Flerobuterol

Clinical data
- Other names: CRL-40827
- Drug class: β-Adrenergic receptor agonist

Identifiers
- IUPAC name 2-(tert-butylamino)-1-(2-fluorophenyl)ethanol;
- CAS Number: 82101-10-8;
- PubChem CID: 71254;
- ChemSpider: 64385;
- UNII: F05RR5M463;
- ChEMBL: ChEMBL2106772;
- CompTox Dashboard (EPA): DTXSID80868640 ;

Chemical and physical data
- Formula: C_{12}H_{18}FNO
- Molar mass: 211.280 g·mol^{−1}
- 3D model (JSmol): Interactive image;
- SMILES CC(C)(C)NCC(C1=CC=CC=C1F)O;
- InChI InChI=1S/C12H18FNO/c1-12(2,3)14-8-11(15)9-6-4-5-7-10(9)13/h4-7,11,14-15H,8H2,1-3H3; Key:XTJMTDZHCLBKFU-UHFFFAOYSA-N;

= Flerobuterol =

Abandoned drug for clinical depression

Flerobuterol (INN; developmental code name CRL-40827) is a selective β-adrenergic receptor agonist related to salbutamol which was under development for the treatment of major depressive disorder but was never marketed.

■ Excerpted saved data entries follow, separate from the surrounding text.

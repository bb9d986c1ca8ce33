-- ===== src/Metrics/Linux.antt =====
-- apps/agent/src/metrics/linux_metrics_reader.cpp. The files under /proc, the directory of open
-- descriptors and the system calls are parameters.
pub mod Tokens
pub mod Numbers
pub mod Proc
pub mod Words
pub mod Bounds
pub mod Format
use aegis_desk.Prelude.{ℕ, Option, none, some, List, [], ◌∷◌, ◌++◌, not, ◌+◌}
use aegis_desk.Prelude.Int.{ℤ, pos, leb_ℤ}
use aegis_desk.Prelude.Text.{Str, text}
use aegis_desk.Prelude.Result.{Result, ok, err, ◌>>=◌, ◌>>◌, guard, require}
use aegis_desk.Metrics.Sampler.{ProcessRawStats, SystemCapacitySnapshot, LongDoubles}
use aegis_desk.Metrics.Linux.Numbers.{
  convert_ticks_to_nanoseconds, read_monotonic_time_nanoseconds, read_logical_cpu_count,
}
use aegis_desk.Metrics.Linux.Proc.{
  FileLines, Entries, read_proc_stat_cpu_fields, read_proc_status_fields,
  count_open_file_descriptors,
}

-- What /proc shows of a process.
pub record ProcDirectory : Type 0 where
  pub stat : FileLines
  pub status : FileLines
  pub fd : Result Entries

-- The values of `clock_gettime` and of `sysconf`.
pub record System : Type 0 where
  pub monotonic_clock : Option (ℤ × ℤ)
  pub processors_online : ℤ
  pub clock_ticks_per_second : ℤ

module _ {D L : Type 0} (f : LongDoubles D L) where
  unfoldable pub read_process_raw_stats : System → ℤ → ProcDirectory → Result ProcessRawStats
  read_process_raw_stats system pid proc = do
    guard (not (leb_ℤ pid (pos 0))) (text "pid must be greater than zero")
    stat_fields ← read_proc_stat_cpu_fields pid proc.stat
    status_fields ← read_proc_status_fields pid proc.status
    fd_count ← count_open_file_descriptors pid proc.fd
    process_cpu_time_ns ←
        require
          (convert_ticks_to_nanoseconds f stat_fields.process_cpu_ticks
            system.clock_ticks_per_second)
          (text "failed to convert Linux CPU ticks to nanoseconds")
    ok (record {
      process_cpu_time_ns = process_cpu_time_ns;
      process_identity = stat_fields.start_time_ticks;
      rss_bytes = status_fields.rss_bytes;
      thread_count = status_fields.thread_count;
      fd_count = fd_count;
    })

unfoldable pub read_system_capacity : System → Result SystemCapacitySnapshot
read_system_capacity system = do
  monotonic_time_ns ← read_monotonic_time_nanoseconds system.monotonic_clock
  logical_cpu_count ← read_logical_cpu_count system.processors_online
  ok (record { monotonic_time_ns = monotonic_time_ns; logical_cpu_count = logical_cpu_count })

It is an agonist of the β_{1}-, β_{2}-, and β_{3}-adrenergic receptors. The drug was under development in France by Cephalon and Lafon and reached phase 2 clinical trials prior to its development being discontinued. It was first described in the scientific literature by 1988 and its development was terminated in 2007.
==Synthesis==
The chemical synthesis of flerobuterol was reported:

The halogenation of 2'-fluoroacetophenone [445-27-2] (1) with molecular bromine in acetic acid led to 2-Fluorophenacyl bromide [655-15-2] (2). Alkylation with tert-butylamine [75-64-9] led to 2-(tert-butylamino)-1-(2-fluorophenyl)ethenone, PC13374926 (3). The reduction of the ketone with sodium borohydride led to Flerobuterol (4).